→ **Description of the task**:
Could you reproduce all of the records exactly?

----

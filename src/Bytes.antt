-- ===== src/Bytes.antt =====
-- Go strings and byte slices as lists of byte values, with the functions of the packages
pub mod Search
-- `strings` and `bytes` that the source calls.
pub mod Laws
use Prim.Native.Char.{code}
use velocity_mcp.Base.{
  All, Bool, List, Option, String, [], any, drop, false, if◌then◌else◌, leb, length, none, some,
  suc, take, true, ℕ, ◌&&◌, ◌-◌, ◌<◌, ◌==◌, ◌||◌, ◌∷◌,
}

abbrev pub Bytes : Type 0
Bytes = List ℕ

-- Every element is the value of a byte.
abbrev pub AreBytes : Bytes → Type 0
AreBytes = All (λ b. b < 256)

-- The bytes of a literal, which is ASCII wherever this is used.
abbrev pub codes : String → Bytes
codes String.[] = []
codes (String.◌∷◌ c s) = code c ∷ codes s

-- `==` on strings, `bytes.Equal`.
unfoldable pub equal : Bytes → Bytes → Bool
equal [] [] = true
equal (x ∷ xs) (y ∷ ys) = x == y && equal xs ys
equal _ _ = false

-- `s[i:j]`.
abbrev pub slice : Bytes → ℕ → ℕ → Bytes
slice s i j = take (j - i) (drop i s)

-- `strings.HasPrefix`.
unfoldable pub has_prefix : Bytes → Bytes → Bool
unfolding equal
has_prefix s p = leb (length p) (length s) && equal (take (length p) s) p

-- `strings.HasSuffix`.
unfoldable pub has_suffix : Bytes → Bytes → Bool
unfolding equal
has_suffix s p = leb (length p) (length s) && equal (drop (length s - length p) s) p

-- `strings.Index`: the first position at which `p` starts; `none` for -1.
unfoldable pub index : Bytes → Bytes → Option ℕ
index [] p = if has_prefix [] p then some 0 else none
index (x ∷ s) p =
    let later = index s p in
    if has_prefix (x ∷ s) p then some 0 else elim later [ none ↦ none | some i ↦ some (suc i) ]

-- `strings.LastIndex`: the last such position.
unfoldable pub last_index : Bytes → Bytes → Option ℕ
last_index [] p = if has_prefix [] p then some 0 else none
last_index (x ∷ s) p = elim (last_index s p) [
  | some i ↦ some (suc i)
  | none ↦ if has_prefix (x ∷ s) p then some 0 else none
]

-- `strings.Contains` for a single byte.
unfoldable pub contains_byte : Bytes → ℕ → Bool
contains_byte s c = any (λ b. b == c) s

-- The space that `bytes.TrimSpace` removes from ASCII text.
abbrev pub is_space : ℕ → Bool
is_space c = c == b' ' || leb 9 c && leb c 13

unfoldable pub trim_left : (ℕ → Bool) → Bytes → Bytes
trim_left p [] = []
trim_left p (c ∷ s) = let shorter = trim_left p s in if p c then shorter else c ∷ s

unfoldable pub trim_right : (ℕ → Bool) → Bytes → Bytes
trim_right p [] = []
trim_right p (c ∷ s) = elim (trim_right p s) [ [] ↦ if p c then [] else c ∷ [] | d ∷ r ↦ c ∷ d ∷ r ]

unfoldable pub trim : (ℕ → Bool) → Bytes → Bytes
unfolding trim_left trim_right
trim p s = trim_right p (trim_left p s)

----

→ **Result for this task**:
filename src/Bytes.antt
-- ===== src/Bytes.antt =====
-- Go strings and byte slices as lists of byte values, with the functions of the packages
pub mod Search
-- `strings` and `bytes` that the source calls.
pub mod Laws
use Prim.Native.Char.{code}
use velocity_mcp.Base.{
  All, Bool, List, Option, String, [], any, drop, false, if◌then◌else◌, leb, length, none, some,
  suc, take, true, ℕ, ◌&&◌, ◌-◌, ◌<◌, ◌==◌, ◌||◌, ◌∷◌,
}

abbrev pub Bytes : Type 0
Bytes = List ℕ

-- Every element is the value of a byte.
abbrev pub AreBytes : Bytes → Type 0
AreBytes = All (λ b. b < 256)

-- The bytes of a literal, which is ASCII wherever this is used.
abbrev pub codes : String → Bytes
codes String.[] = []
codes (String.◌∷◌ c s) = code c ∷ codes s

-- `==` on strings, `bytes.Equal`.
unfoldable pub equal : Bytes → Bytes → Bool
equal [] [] = true
equal (x ∷ xs) (y ∷ ys) = x == y && equal xs ys
equal _ _ = false

-- `s[i:j]`.
abbrev pub slice : Bytes → ℕ → ℕ → Bytes
slice s i j = take (j - i) (drop i s)

-- `strings.HasPrefix`.
unfoldable pub has_prefix : Bytes → Bytes → Bool
unfolding equal
has_prefix s p = leb (length p) (length s) && equal (take (length p) s) p

-- `strings.HasSuffix`.
unfoldable pub has_suffix : Bytes → Bytes → Bool
unfolding equal
has_suffix s p = leb (length p) (length s) && equal (drop (length s - length p) s) p

-- `strings.Index`: the first position at which `p` starts; `none` for -1.
unfoldable pub index : Bytes → Bytes → Option ℕ
index [] p = if has_prefix [] p then some 0 else none
index (x ∷ s) p =
    let later = index s p in
    if has_prefix (x ∷ s) p then some 0 else elim later [ none ↦ none | some i ↦ some (suc i) ]

-- `strings.LastIndex`: the last such position.
unfoldable pub last_index : Bytes → Bytes → Option ℕ
last_index [] p = if has_prefix [] p then some 0 else none
last_index (x ∷ s) p = elim (last_index s p) [
  | some i ↦ some (suc i)
  | none ↦ if has_prefix (x ∷ s) p then some 0 else none
]

-- `strings.Contains` for a single byte.
unfoldable pub contains_byte : Bytes → ℕ → Bool
contains_byte s c = any (λ b. b == c) s

-- The space that `bytes.TrimSpace` removes from ASCII text.
abbrev pub is_space : ℕ → Bool
is_space c = c == b' ' || leb 9 c && leb c 13

unfoldable pub trim_left : (ℕ → Bool) → Bytes → Bytes
trim_left p [] = []
trim_left p (c ∷ s) = let shorter = trim_left p s in if p c then shorter else c ∷ s

unfoldable pub trim_right : (ℕ → Bool) → Bytes → Bytes
trim_right p [] = []
trim_right p (c ∷ s) = elim (trim_right p s) [ [] ↦ if p c then [] else c ∷ [] | d ∷ r ↦ c ∷ d ∷ r ]

unfoldable pub trim : (ℕ → Bool) → Bytes → Bytes
unfolding trim_left trim_right
trim p s = trim_right p (trim_left p s)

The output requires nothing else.